I agree and I use the Carhartt front pouch for fittings ,screws etc


----------



## Helmut

daveEM said:


> .


Wayyyyyyyyyy too many tools and too heavy to lug on one side.

Get a bucket or a bag, and put 3/4" of that in the bag.
Or get two pouches, one for each hip.


----------



## Chops146

Powerhouse 5 distributed through your bibs will take care of you most of the time. I fit all the tools I take with me in a 12" Klein drag bag and stuff what I'm using at the moment in my pockets.
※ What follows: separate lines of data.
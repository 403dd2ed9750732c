-- ===== src/Platform/Control/FailoverCheck.antt =====
-- The scheduler's check of clusters (`check_and_failover_unhealthy_clusters` of
-- backend/app/scheduler.py).
use eminidatabase.Base.{ℕ, Bool, true, false, Option, none, some, [], ◌∷◌, ◌&&◌, if◌then◌else◌}
use eminidatabase.Base.Table.{Table, lookup, rows}
use eminidatabase.Base.Action.{
  Outcome, returned, raised, ◌>>=◌, ◌>>◌, pure, raise, reads, writes, scalar_one_or_none,
}
use eminidatabase.Platform.Placement.{
  Node, Cluster, ClusterTopology, ClusterMember, is_active, is_eligible_for_placement,
}
use eminidatabase.Platform.Control.{
  Tx, Error, multiple_results, no_healthy_replica, ClusterEvent, attempt, transaction,
}
use eminidatabase.Platform.Control.Agent.{Agents, is_primary_of}
use eminidatabase.Platform.Control.Failover.{add_cluster_event, execute_failover}

abbrev pub has_replicas : ClusterTopology → Bool
has_replicas ClusterTopology.primary_replica = true
has_replicas ClusterTopology.single = false

-- `topology == PRIMARY_REPLICA, status == ACTIVE`
abbrev pub is_watched : Cluster → Bool
is_watched c = has_replicas c.topology && is_active c.status

abbrev pub is_healthy : (now : ℕ) → Option Node → Bool
is_healthy now none = false
is_healthy now (some node) = is_eligible_for_placement now node

-- `except NoHealthyReplicaError`: a failover that finds no replica leaves an event.
abbrev pub failover_outcome : (cluster_id : ℕ) → Outcome Error ℕ → Tx ℕ
failover_outcome cluster_id (returned _) = pure 1
failover_outcome cluster_id (raised no_healthy_replica) = do
  writes (add_cluster_event (ClusterEvent.failover_failed cluster_id))
  pure 0
failover_outcome cluster_id (raised e) = raise e

-- One turn of the loop, for a cluster with a primary.
abbrev pub check_primary : Agents → (cluster_id now : ℕ) → Option (ℕ × ClusterMember) → Tx ℕ
check_primary agents cluster_id now none = pure 0
check_primary agents cluster_id now (some (_, m)) = do
  node ← reads (λ s. lookup m.node_id s.fleet.nodes)
  if is_healthy now node then pure 0 else (do
    outcome ← attempt (execute_failover agents cluster_id true now)
    failover_outcome cluster_id outcome)

unfoldable pub check_cluster : Agents → (cluster_id now : ℕ) → Tx ℕ
check_cluster agents cluster_id now = do
  primary ←
      scalar_one_or_none multiple_results
        (← reads (λ s. rows (is_primary_of (some cluster_id)) s.fleet.members))
  check_primary agents cluster_id now primary

-- Each turn that acts commits; what raises ends the loop, and its own turn is rolled back.
unfoldable pub check_clusters : Agents → Table Cluster → (now : ℕ) → Tx (Unit {0})
check_clusters agents [] now = pure tt
check_clusters agents ((k, _) ∷ cs) now = do
  transaction (check_cluster agents k now)
  check_clusters agents cs now

unfoldable pub check_and_failover_unhealthy_clusters : Agents → (now : ℕ) → Tx (Unit {0})
check_and_failover_unhealthy_clusters agents now = do
  clusters ← reads (λ s. rows is_watched s.fleet.clusters)
  check_clusters agents clusters now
That being said, if you need a leather rig, Occidental is the way to go.


----------



## splatz

Chops146 said:


> Powerhouse 5


Which tools make up the powerhouse 5?


----------



## HackWork

splatz said:


> Which tools make up the powerhouse 5?


There is no solid answer to this, it depends on who you ask.


----------



## splatz

HackWork said:


> There is no solid answer to this, it depends on who you ask.


It is cruel that this thing has *four* pockets and there's a powerhouse *five*.


----------



## HackWork

splatz said:


> It is cruel that this thing has *four* pockets and there's a powerhouse *five*.


Your wiggy always goes in your pocket, so it works out just fine :smile:


----------



## Chops146

Folding Rule - http://wireman.com/products/lufkin-6-red-end-two-way-folding-rule

Level - https://www.homedepot.com/p/Johnson-9-in-Rare-Earth-Magnetic-Torpedo-Level-5500M-GLO/202258099

Kleins - https://www.homedepot.com/p/Klein-Tools-9-in-High-Leverage-Side-Cutting-Pliers-D213-9NESEN/100352059

Screwdriver - https://www.homedepot.com/p/Klein-T...ombo-Tips-Cushion-Grip-Handle-32505/205666621

Channeys - https://www.homedepot.com/p/Channellock-9-1-2-in-Tongue-and-Groove-Plier-420/202304947
OR
https://www.homedepot.com/p/Channellock-10-in-Tongue-and-Groove-Plier-430/100056995
OR

https://www.homedepot.com/p/Channellock-12-in-Tongue-and-Groove-Pliers-440/100002119

And here's a pouch that fits it all - https://www.homedepot.com/p/Klein-Tools-Leather-Back-Pocket-Tool-Pouch-5481/203426579


----------



## Chops146

HackWork said:


> There is no solid answer to this, it depends on who you ask.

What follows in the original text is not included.